=== YOUR OBJECTIVE ===
Exactly how many lines in the listing contain "Requests"? Respond with the number and nothing more.

=== RECORDS PROVIDED ===
= = =

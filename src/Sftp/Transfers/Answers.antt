-- ===== src/Sftp/Transfers/Answers.antt =====
-- sftp.cc: the answers to the reads of SftpFile, as readbytes() takes them apart.
use Prim.Native.Nat.{◌<◌}
use hbackup.Prelude.{
  ℕ, zero, suc, ◌+◌, ◌≡◌, refl, sym, ap, ◌∙◌, [], ◌∷◌, append-nil, true, length, take, get_or,
  Bytes, arith,
}
use hbackup.Outcome.{ok}
use hbackup.Sftp.Wire.{word_size, pack_uint8, pack_uint32, pack_string, unpack_string}
use hbackup.Sftp.Wire.Laws.{unpack_string-pack_string, pack_status, IsStatus}
use hbackup.Sftp.Check.{check, status_reply, check-status_reply}
use hbackup.Sftp.Requests.{path_request}
use hbackup.Sftp.Transfers.Ahead.{at_end, data_reply}

pub at_end-IsStatus : IsStatus at_end
at_end-IsStatus = record { status = omega arith; message = omega arith; lang = omega arith }

pub data_reply-check : (id : ℕ) → id < word_size → check (data_reply id []) true ≡ ok tt
unfolding data_reply
data_reply-check id small =
    ap (λ b. check b true) (sym (append-nil (status_reply id at_end)))
    ∙ check-status_reply id at_end [] true small at_end-IsStatus

pub data_reply-unpack_string :
    (id c : ℕ) (chunk : Bytes)
    → length (c ∷ chunk) < word_size
    → (i : ℕ) × (unpack_string (data_reply id (c ∷ chunk)) 5 ≡ ok (c ∷ chunk, i))
unfolding data_reply path_request
data_reply-unpack_string id c chunk small =
    let head = pack_uint32 (pack_uint8 [] 103) id in
    let five : length head ≡ 5 = unfold pack_uint32 pack_uint8 in refl in
    let e = unpack_string-pack_string head [] (c ∷ chunk) small in
    (
      length head + 4 + length (c ∷ chunk),
      ap (λ n. unpack_string (pack_string head (c ∷ chunk)) n) (sym five)
          ∙ ap (λ b. unpack_string b (length head)) (sym (append-nil _))
          ∙ e,
    )

pub data_reply-type_data : (id c : ℕ) (chunk : Bytes) → get_or (data_reply id (c ∷ chunk)) 0 0 ≡ 103
unfolding data_reply path_request pack_string pack_uint32 pack_uint8
data_reply-type_data id c chunk = refl

pub data_reply-type_end : (id : ℕ) → get_or (data_reply id []) 0 0 ≡ 101
unfolding data_reply status_reply pack_status pack_string pack_uint32 pack_uint8
data_reply-type_end id = refl

pub take-nil : (n : ℕ) (s : Bytes) → 0 < n → take n s ≡ [] → s ≡ []
take-nil zero s h e = absurd (omega arith)
take-nil (suc n) [] h e = refl
take-nil (suc n) (c ∷ s) h e = cc
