-- ===== src/Sftp/Transfers/Appended.antt =====
-- sftp.cc: a call of SftpFile::writebytes() sends its bytes at the end of what was written.
use Prim.Native.Nat.{◌<◌}
use hbackup.Prelude.{
  ℕ, ◌+◌, ◌%◌, ◌≤◌, ◌≡◌, ap, ◌∙◌, inl, inr, [], ◌∷◌, ◌++◌, length, append-nil, Bytes, arith, subst,
}
use hbackup.Outcome.{ok}
use hbackup.Sftp.Wire.{Status, pack_string}
use hbackup.Sftp.Transport.{Transport, Server, Continues, IsTransport}
use hbackup.Sftp.Transport.Laws.{Continues-trans, Continues-weaken}
use hbackup.Sftp.Requests.{on_link}
use hbackup.Sftp.Transfers.{
  Transfer, offset_size, write_request, on_fs, reap, request_write, write_some,
}
use hbackup.Sftp.Transfers.Ahead.{ids_from, ids_from-snoc, length-ids_from, fresh_id_next}
use hbackup.Sftp.Transfers.Written.{IsAccepting, InOrder, IsWriting, reap_accepted}

module _ (T : Transport) (S : Server T) (L : IsTransport T S) where
  open S use {Up, Answers, output}

  -- A request goes out, and is answered by its own ID, at the end of what was written.
  pub record Wrote (t t' : Transfer T) (bytes : Bytes) : Type 0 where
    pub handle : t'.handle ≡ t.handle
    pub offset : t'.writeoffset ≡ (t.writeoffset + length bytes) % offset_size
    pub next_id : t'.fs.id ≡ t.fs.id + 1
    pub sent :
        output t'.fs.link
        ≡ output t.fs.link ++ pack_string [] (write_request t.fs.id t.handle t.writeoffset bytes)

  module _ (statuses : ℕ → Status) (A : IsAccepting statuses) (last : ℕ) (O : InOrder T S) where
    abbrev Writing : Transfer T → ℕ → ℕ → Type 0
    Writing = IsWriting T S L statuses A last O

    pub write_some_lem :
        (bytes : Bytes) (t : Transfer T) (f n : ℕ)
        → f + n < last
        → Writing t f n
        → (t' : Transfer T) × (g : ℕ) × (m : ℕ) × (write_some T bytes t ≡ (ok tt, t'))
          × (g + m ≤ last)
          × Writing t' g m
          × Wrote t t' bytes
    unfolding write_some request_write on_fs on_link
    write_some_lem bytes t f n room v =
        let id = t.fs.id in
        let fresh =
          fresh_id_next T t.fs (omega (arith, v.next_id, v.positive))
            (omega (arith, v.next_id, v.small_ids, room)) in
        let cmd = write_request id t.handle t.writeoffset bytes in
        let (l1, q1, c1) = L.sends cmd t.fs.link v.up in
        let (l2, q2, c2) = L.flushes l1 c1.up in
        let go : Continues T S t.fs.link (pack_string [] cmd) (λ _. ⊥) l2 =
          Continues-weaken T S (append-nil _) (λ j g. elim g [ inl x ↦ x | inr x ↦ x ])
            (Continues-trans T S c1 c2) in
        let t1 : Transfer T = record t {
          fs = record t.fs { id = id + 1; link = l2 };
          writeoffset = (t.writeoffset + length bytes) % offset_size;
          writequeue = t.writequeue ++ id ∷ [];
        } in
        let queue : t1.writequeue ≡ ids_from f (n + 1) =
          ap (λ q. q ++ id ∷ []) v.queue
          ∙ ap (λ j. ids_from f n ++ j ∷ []) v.next_id
          ∙ ids_from-snoc f n in
        let size : length t1.writequeue ≡ n + 1 = ap length queue ∙ length-ids_from f (n + 1) in
        let (t2, g, m, q, few, v2, same) =
          reap_accepted T S L statuses A last O (n + 1) f t1 (omega (arith, room)) (record {
            up = go.up;
            queue = queue;
            next_id = omega (arith, v.next_id);
            ordered = subst O.Ordered (ap (λ p. p.1) q2) (
                O.after_flush l1 c1.up
                  (subst O.Ordered (ap (λ p. p.1) q1) (O.after_send cmd t.fs.link v.up v.ordered)));
            positive = v.positive;
            small_ids = v.small_ids;
            replies = λ j h k. go.answers j _ (λ x. x) (v.replies j h k);
          }) in
        (
          t2,
          g,
          m,
          ap (λ p. request_write T p bytes t) fresh ∙ rw (q1, q2) (ap (λ k. reap T k t1) size ∙ q),
          few,
          v2,
          record {
            handle = same.handle;
            offset = same.offset;
            next_id = same.next_id;
            sent = same.sent ∙ go.output_grows;
          },
        )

= = =

=== ANSWER BELOW ===
2